Welcome to the Github page for the bisilhouette package.

To install this package in r you can do the following:

devtools::install_github("eso28599/bisilhouette") # requires devtools package to be installed

Description

The bisilhouette score is an extension of the silhouette score to the bicluster case. It is a measure of the quality of a biclustering, which like the silhouette score takes into account the compactness and separation of the biclusters.

This page details the use of the functions within the bisilhouette function, for more details on the definiton of the score, please see the package vignette.

Examples

We ilustrate the use of the bisilhouette function which takes as input the N×pN\times pdata matrix, and bicluster membership informtation encoded via row_clustering and col_clustering.

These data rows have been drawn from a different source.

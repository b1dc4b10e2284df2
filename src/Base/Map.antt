-- ===== src/Base/Map.antt =====
-- `std::unordered_map`, as an association list that holds each key once. The order of the entries
-- is never read by the program's results.
use dns_security_dataplane.Base.Tests.{Eq, Bool-cases, if◌then◌else◌}
use dns_security_dataplane.Base.Lists.{length, All}
use Prim.Native.Nat.{◌+◌, ◌≤◌}
use mathlib.Core.Path.{◌≡◌, refl, ◌∙◌}
use mathlib.Core.Logic.{◌≢◌, inl, inr}
use mathlib.Core.Bool.{Bool}
use mathlib.Core.Option.{Option, none, some}
use mathlib.Core.List.{List, [], ◌∷◌}
use native.Mathlib.Omega.{arith}

module _ {ℓ κ} {K : Type ℓ} {V : Type κ} ⦃eq : Eq K⦄ where
  -- `find(k)`.
  unfoldable pub find : K → List (K × V) → Option V
  find k [] = none
  find k ((j, v) ∷ m) = if eq.beq j k then some v else find k m

  -- `m[k] = v`.
  unfoldable pub assign : K → V → List (K × V) → List (K × V)
  assign k v [] = (k, v) ∷ []
  assign k v ((j, w) ∷ m) = if eq.beq j k then (k, v) ∷ m else (j, w) ∷ assign k v m

  -- `erase(k)`.
  unfoldable pub erase : K → List (K × V) → List (K × V)
  erase k [] = []
  erase k ((j, v) ∷ m) = if eq.beq j k then erase k m else (j, v) ∷ erase k m

  pub find-assign :
      (k j : K) (v : V) (m : List (K × V))
      → find j (assign k v m) ≡ (if eq.beq k j then some v else find j m)
  unfolding find assign
  find-assign k j v [] = refl
  find-assign k j v ((i, w) ∷ m) =
      ground (arith, eq.beq_iff k j, eq.beq_iff i k, eq.beq_iff i j, find-assign k j v m)

  pub find-erase :
      (k j : K) (m : List (K × V)) → find j (erase k m) ≡ (if eq.beq k j then none else find j m)
  unfolding find erase
  find-erase k j [] = ground arith
  find-erase k j ((i, w) ∷ m) =
      ground (arith, eq.beq_iff k j, eq.beq_iff i k, eq.beq_iff i j, find-erase k j m)

  pub find-assign_self : (k : K) (v : V) (m : List (K × V)) → find k (assign k v m) ≡ some v
  find-assign_self k v m = ground (arith, find-assign k k v m, eq.beq_iff k k)

  pub find-erase_self : (k : K) (m : List (K × V)) → find k (erase k m) ≡ none
  find-erase_self k m = ground (arith, find-erase k k m, eq.beq_iff k k)

  pub find-assign_ne :
      (k j : K) (v : V) (m : List (K × V)) → k ≢ j → find j (assign k v m) ≡ find j m
  find-assign_ne k j v m h = ground (arith, find-assign k j v m, eq.beq_iff k j)

  pub find-erase_ne : (k j : K) (m : List (K × V)) → k ≢ j → find j (erase k m) ≡ find j m
  find-erase_ne k j m h = ground (arith, find-erase k j m, eq.beq_iff k j)

  -- Each key once.
  abbrev pub IsMap : List (K × V) → Type κ
  IsMap [] = Unit
  IsMap ((k, v) ∷ m) = (find k m ≡ none) × IsMap m

  find-assign-none :
      (k j : K) (v : V) (m : List (K × V)) → find j m ≡ none → k ≢ j → find j (assign k v m) ≡ none
  find-assign-none k j v m h d = find-assign_ne k j v m d ∙ h

  pub assign-IsMap : (k : K) (v : V) (m : List (K × V)) → IsMap m → IsMap (assign k v m)
  unfolding assign find
  assign-IsMap k v [] h = (refl, tt)
  assign-IsMap k v ((j, w) ∷ m) h = elim (Bool-cases (eq.beq j k)) [
    | inl e ↦ rw e (let p : j ≡ k = (eq.beq_iff j k).0 e in rw (← p) h)
    | inr n ↦
        rw n (
          find-assign-none k j v m h.0 (λ p. ground (arith, eq.beq_iff j k)),
          assign-IsMap k v m h.1,
        )
  ]

  erase-none : (k j : K) (m : List (K × V)) → find j m ≡ none → find j (erase k m) ≡ none
  erase-none k j m h = ground (arith, find-erase k j m)

  pub erase-IsMap : (k : K) (m : List (K × V)) → IsMap m → IsMap (erase k m)
  unfolding erase
  erase-IsMap k [] h = tt
  erase-IsMap k ((j, w) ∷ m) h = elim (Bool-cases (eq.beq j k)) [
    | inl e ↦ rw e (erase-IsMap k m h.1)
    | inr n ↦ rw n (erase-none k j m h.0, erase-IsMap k m h.1)
  ]

  pub length-assign_new :
      (k : K) (v : V) (m : List (K × V)) → find k m ≡ none → length (assign k v m) ≡ length m + 1
  unfolding assign find
  length-assign_new k v [] h = omega arith
  length-assign_new k v ((j, w) ∷ m) h = ground (arith, length-assign_new k v m)

  pub length-assign_old :
      (k : K) (v w : V) (m : List (K × V)) → find k m ≡ some w → length (assign k v m) ≡ length m
  unfolding assign find
  length-assign_old k v w [] h = cc
  length-assign_old k v w ((j, u) ∷ m) h = ground (arith, length-assign_old k v w m)

  pub erase_absent : (k : K) (m : List (K × V)) → find k m ≡ none → erase k m ≡ m
  unfolding erase find
  erase_absent k [] h = refl
  erase_absent k ((j, u) ∷ m) h = ground (arith, erase_absent k m)

  pub length-erase :
      (k : K) (v : V) (m : List (K × V))
      → IsMap m
      → find k m ≡ some v
      → length (erase k m) + 1 ≡ length m
  unfolding erase find
  length-erase k v [] h e = cc
  length-erase k v ((j, u) ∷ m) h e = elim (Bool-cases (eq.beq j k)) [
    | inl same ↦
        let p : j ≡ k = (eq.beq_iff j k).0 same in
        let gone : erase k m ≡ m = erase_absent k m (rw (← p) h.0) in rw (same, gone) (omega arith)
    | inr other ↦ rw other (ground (arith, length-erase k v m h.1))
  ]

  -- Keeps the entries that pass a test, as an `erase` in a loop over the iterators does.
  unfoldable pub retain : (K → V → Bool) → List (K × V) → List (K × V)
  retain p [] = []
  retain p ((k, v) ∷ m) = if p k v then (k, v) ∷ retain p m else retain p m

  pub retain-none :
      (p : K → V → Bool) (j : K) (m : List (K × V)) → find j m ≡ none → find j (retain p m) ≡ none
  unfolding retain find
  retain-none p j [] h = refl
  retain-none p j ((k, v) ∷ m) h = ground (arith, retain-none p j m)

  pub retain-IsMap : (p : K → V → Bool) (m : List (K × V)) → IsMap m → IsMap (retain p m)
  unfolding retain
  retain-IsMap p [] h = tt
  retain-IsMap p ((k, v) ∷ m) h = ground (arith, retain-IsMap p m h.1, retain-none p k m)

  pub All-retain {ρ} :
      (P : K × V → Type ρ) (p : K → V → Bool) (m : List (K × V)) → All P m → All P (retain p m)
  unfolding retain
  All-retain P p [] h = tt
  All-retain P p ((k, v) ∷ m) (here, h) = elim (Bool-cases (p k v)) [
    | inl kept ↦ rw kept (here, All-retain P p m h)
    | inr gone ↦ rw gone (All-retain P p m h)
  ]

  -- An entry survives exactly if it passes the test.
  pub find-retain :
      (p : K → V → Bool) (j : K) (m : List (K × V))
      → IsMap m
      → find j (retain p m)
        ≡ (elim (find j m) [ none ↦ none | some v ↦ if p j v then some v else none ])
  unfolding retain find
  find-retain p j [] h = refl
  find-retain p j ((k, v) ∷ m) h = elim (Bool-cases (eq.beq k j)) [
    | inl same ↦
        let q : k ≡ j = (eq.beq_iff k j).0 same in
        let gone : find j (retain p m) ≡ none = retain-none p j m (rw (← q) h.0) in
        ground (arith, gone, q)
    | inr other ↦ ground (arith, find-retain p j m h.1)
  ]

  pub length-retain-le : (p : K → V → Bool) (m : List (K × V)) → length (retain p m) ≤ length m
  unfolding retain
  length-retain-le p [] = omega arith
  length-retain-le p ((k, v) ∷ m) = ground (arith, length-retain-le p m)
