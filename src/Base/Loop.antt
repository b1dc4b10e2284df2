-- ===== src/Base/Loop.antt =====
-- `while (true)` loops. One round either goes on in a new state, or ends the loop with a result;
-- an error ends it too. The rounds make a measure fall, so the loop needs no fuel.
use mathlib.Core.Path.{◌≡◌, refl}
use mathlib.Core.Logic.{◌⊎◌, inl, inr}
use mathlib.Core.WellFounded.{Acc}
use Prim.Native.Nat.{ℕ, zero, suc, ◌<◌}
use native.Mathlib.Omega.{arith}
use dns_security_dataplane.Base.Results.{Result, ok, err, fault}

module _ {ℓ κ} {S : Type ℓ} {A : Type κ} where
  -- The next state is handed on with the equation that says where it came from.
  on_round : (r : Result (S ⊎ A)) → ((t : S) → r ≡ ok (inl t) → Result A) → Result A
  on_round (ok (inl t)) k = k t refl
  on_round (ok (inr a)) k = ok a
  on_round (err c) k = err c
  on_round fault k = fault

  -- What a round has to leave behind: `P` of the next state, or `Q` of the result.
  abbrev pub Leaves {μ} : (S → Type μ) → (Result A → Type μ) → Result (S ⊎ A) → Type μ
  Leaves P Q (ok (inl t)) = P t
  Leaves P Q (ok (inr a)) = Q (ok a)
  Leaves P Q (err c) = Q (err c)
  Leaves P Q fault = Q fault

  on_round_inv {μ} :
      (P : S → Type μ) (Q : Result A → Type μ) (r : Result (S ⊎ A))
      (k : (t : S) → r ≡ ok (inl t) → Result A)
      → ((t : S) (e : r ≡ ok (inl t)) → P t → Q (k t e))
      → Leaves P Q r
      → Q (on_round r k)
  unfolding on_round
  on_round_inv P Q (ok (inl t)) k go h = go t refl h
  on_round_inv P Q (ok (inr a)) k go h = h
  on_round_inv P Q (err c) k go h = h
  on_round_inv P Q fault k go h = h

module _ {ℓ κ} {S : Type ℓ} {A : Type κ} (round : S → Result (S ⊎ A)) (measure : S → ℕ) where
  abbrev pub Falls : Type (ℓ ⊔ κ)
  Falls = (s t : S) → round s ≡ ok (inl t) → measure t < measure s

  abbrev Before : S → S → Type 0
  Before s t = measure s < measure t

  acc_below : (n : ℕ) (s : S) → measure s < n → Acc Before s
  acc_below zero s h = elim h [ ]
  acc_below (suc n) s h = Acc.intro s (λ t ht. acc_below n t (omega arith))

  module _ (falls : Falls) where
    loop_acc : (s : S) → Acc Before s → Result A
    unfolding on_round
    loop_acc s (Acc.intro _ smaller) =
        on_round (round s) (λ t e. loop_acc t (smaller t (falls s t e)))

    unfoldable pub loop : S → Result A
    unfolding loop_acc acc_below
    loop s = loop_acc s (acc_below (suc (measure s)) s (omega arith))

    module _ {μ} (P : S → Type μ) (Q : Result A → Type μ)
        (keep : (s : S) → P s → Leaves P Q (round s)) where
      loop_acc_inv : (s : S) (w : Acc Before s) → P s → Q (loop_acc s w)
      unfolding loop_acc
      loop_acc_inv s (Acc.intro _ smaller) h =
          on_round_inv P Q (round s) _ (λ t e p. loop_acc_inv t (smaller t (falls s t e)) p)
            (keep s h)

      -- What every round keeps holds of the result.
      pub loop_inv : (s : S) → P s → Q (loop s)
      unfolding loop
      loop_inv s h = loop_acc_inv s (acc_below (suc (measure s)) s (omega arith)) h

  • row_clustering is a binary matrix which contains 1 in element [i,j] if row i is in bicluster j
  • col_clustering is a binary matrix which contains 1 in element [i,j] if column i is in bicluster j
data <- matrix(rnorm(50), nrow = 10)
row_clustering <- cbind(
  rbinom(10, 1, 0.5),
  rbinom(10, 1, 0.5),
  rbinom(10, 1, 0.5)
)
col_clustering <- cbind(
  rbinom(5, 1, 0.5),
  rbinom(5, 1, 0.5),
  rbinom(5, 1, 0.5)
)
bisil <- bisilhouette(data, row_clustering, col_clustering)
bisil$bisil # the bisilhouette score
bisil$vals # a list containing vectors of the bisilhouette coefficients for each bicluster 

The bisilhouette package is compatible with the output of functions from the popular biclustpackage; if Biclust is the object returned by the biclust function from the biclust package, bisilhouette can be used as followed:

bisilhouette(data, Biclust@RowxNumber, Biclust@NumberxCol)

Visualisation

The function plot_bisil produces a visualisation of the bisilhouette scores. The individual bisilhouette coefficients for each of the rows is shown along the x axis, with rows grouped into the assigned biclusters (denoted by different colours). The mean coefficient is represented by the dashed line.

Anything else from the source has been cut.